News Update for 10/17/18

Sebring city council members last night approved the next phase of a project to revitalize the City on the Circle. They OK’d a plan that will improve West Center Avenue. David Leidel of the Sebring Community Redevelopment Agency said that the work on West Center is designed to link the Circle to the waterfront area of Lake Jackson.
There will be expanded sidewalks and additional landscaping to increase pedestrian traffic to the Alan Altvader Cultural complex. A future vision would include a water park.

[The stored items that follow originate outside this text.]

-- ===== src/Heci/Wait.antt =====
-- heci.c: the timer, the polls of the device and `wait_event`.
pub mod Verdict
pub mod Ready
use Prim.Native.Nat.{bit_or}
use trusty_platform_sand.Base.{
  refl, ℕ, zero, suc, ◌+◌, ◌-◌, ◌*◌, ◌%◌, ◌^◌, ◌≡◌, ◌≢◌, ℤ, pos, negsuc, is_nonzero, Bool, true,
  false, Option, none, some, leb, ◌==◌, if◌then◌else◌, arith,
}
use trusty_platform_sand.Base.Io.{
  Device, Trace, Io, Outcome, done, fault, stuck, pure, no_fuel, read, write, ◌>>=◌, ◌>>◌,
}
use trusty_platform_sand.Base.Io.Spec.{Ensures, Spec-bind, Spec-if, Spec_by_done}
use trusty_platform_sand.Heci.Regs.{address, h_csr, sec_csr_ha, dev_ctrl, host_ctrl}

-- CPMS, the clock cycles of a millisecond
abbrev pub cpms : ℕ
cpms = 19200

-- `r > 0`
abbrev pub is_positive : ℤ → Bool
is_positive (pos zero) = false
is_positive (pos (suc n)) = true
is_positive (negsuc n) = false

module _ (dev : Device) where
  abbrev pub heci_reg_read : ℕ → ℕ → Io ℕ
  heci_reg_read base offset = read dev 32 (address base offset)

  unfoldable pub is_dev_ready : ℕ → Io ℤ
  unfolding dev_ctrl
  is_dev_ready base = do
    data_word ← heci_reg_read base sec_csr_ha
    pure (if (dev_ctrl data_word).sec_rdy_hra == 0 then pos 0 else pos 1)

  unfoldable pub is_dev_data_ready : ℕ → Io ℤ
  unfolding dev_ctrl
  is_dev_data_ready base = do
    data_word ← heci_reg_read base sec_csr_ha
    pure (
        if (dev_ctrl data_word).sec_cbrp_hra == (dev_ctrl data_word).sec_cbwp_hra
        then pos 0
        else pos 1)

  unfoldable pub is_interrupt_raised : ℕ → Io ℤ
  unfolding host_ctrl
  is_interrupt_raised base = do
    data_word ← heci_reg_read base h_csr
    pure (if (host_ctrl data_word).h_is == 0 then pos 0 else pos 1)

module _ (dev : Device) (hpet_mmio_base_va : ℕ) where
  unfoldable pub init_timer : Io (Unit {0})
  init_timer = do
    write 32 (address hpet_mmio_base_va 0x108) 0
    write 32 (address hpet_mmio_base_va 0x10c) 0
    reg ← read dev 32 (address hpet_mmio_base_va 0x10)
    write 32 (address hpet_mmio_base_va 0x10c) (bit_or reg 1)

  -- ClockCycles()
  abbrev pub clock_cycles : Io ℕ
  clock_cycles = read dev 32 (address hpet_mmio_base_va 0xf0)

  -- The call of `fun`, if it is not NULL.
  abbrev pub poll : Option (Io ℤ) → Io ℤ
  poll none = pure (pos 0)
  poll (some fun) = fun

  -- The loop, with as many rounds as the fuel. `timeout` is in clock cycles.
  unfoldable pub wait_loop : ℕ → ℕ → ℕ → Option (Io ℤ) → Io ℤ
  wait_loop zero timeout t0 fun = no_fuel
  wait_loop (suc fuel) timeout t0 fun =
      let again : Io ℤ = wait_loop fuel timeout t0 fun in
      do
        res ← poll fun
        if is_positive res then pure res else if timeout == 0 then again else do
          now ← clock_cycles
          let elapsed = (now + 2 ^ 32 - t0) % 2 ^ 32
          if leb timeout elapsed then pure (negsuc 0) else again

  unfoldable pub wait_event : ℕ → ℕ → Option (Io ℤ) → Io ℤ
  wait_event fuel timeout fun = do
    init_timer
    t0 ← clock_cycles
    wait_loop fuel (timeout * cpms % 2 ^ 32) t0 fun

Prosecutors in Polk County are trying to determine whether a Lakeland city commissioner should be charged in the fatal shooting of a man he accused of shoplifting a hatchet from an Army-Navy surplus store.
Surveillance video shows the store’s co-owner, Lakeland Commissioner Michael Dunn, shooting Cristobal Lopez on Oct. 3.
It shows Dunn holding a gun in his right hand while trying to keep Lopez from carrying the hatchet out of the store. Dunn grabs a fistful of his shirt and Lopez is partly out the door, raising the hatchet, when Dunn fires and Lopez falls, mortally wounded.
Dunn’s attorney, Rusty Franklin, told the Tampa Bay Times it was justified because Lopez was holding the hatchet. Prosecutor Jacob Orr said Monday that keeping the video secret didn’t benefit the investigation.

The somber task of determining how many people died in Hurricane Michael’s rampage is proving elusive. The storm that smashed into the Florida Panhandle last week left widespread destruction. But state officials say they will announce storm-related fatalities only once they are certified by local medical examiners – a task that will unwind slowly.

In Hurricane Michael’s aftermath much of the world’s attention has been focused on Florida’s battered coastal communities, but rural communities all the way to the Georgia and Alabama borders also felt its fury. Many are still struggling days after the storm passed. The small city of Marianna, Florida, is still without power and will likely remain so for a month after being hit with its strongest storm in recorded history

People in the Florida Panhandle are still trying to locate loved ones several days after Hurricane Michael. Joanne Garone Behnke is still searching for her 79-year-old aunt, whose Mexico Beach home is a pile of rubble. As the hurricane closed in, emergency authorities expressed frustration that many residents weren’t evacuating. City Clerk Adrian Welle said Sunday that 46 people were unaccounted for.

President Donald Trump and his wife, Melania, listened to stories of survival and struggle as they surveyed the wreckage of Hurricane Michael in Florida and Georgia. The president and first lady toured devastated coastal communities by air, land and foot Monday before helping hand out bottled water at a FEMA aid distribution center in Florida. Trump also visited with Georgia farmers who lost their crops.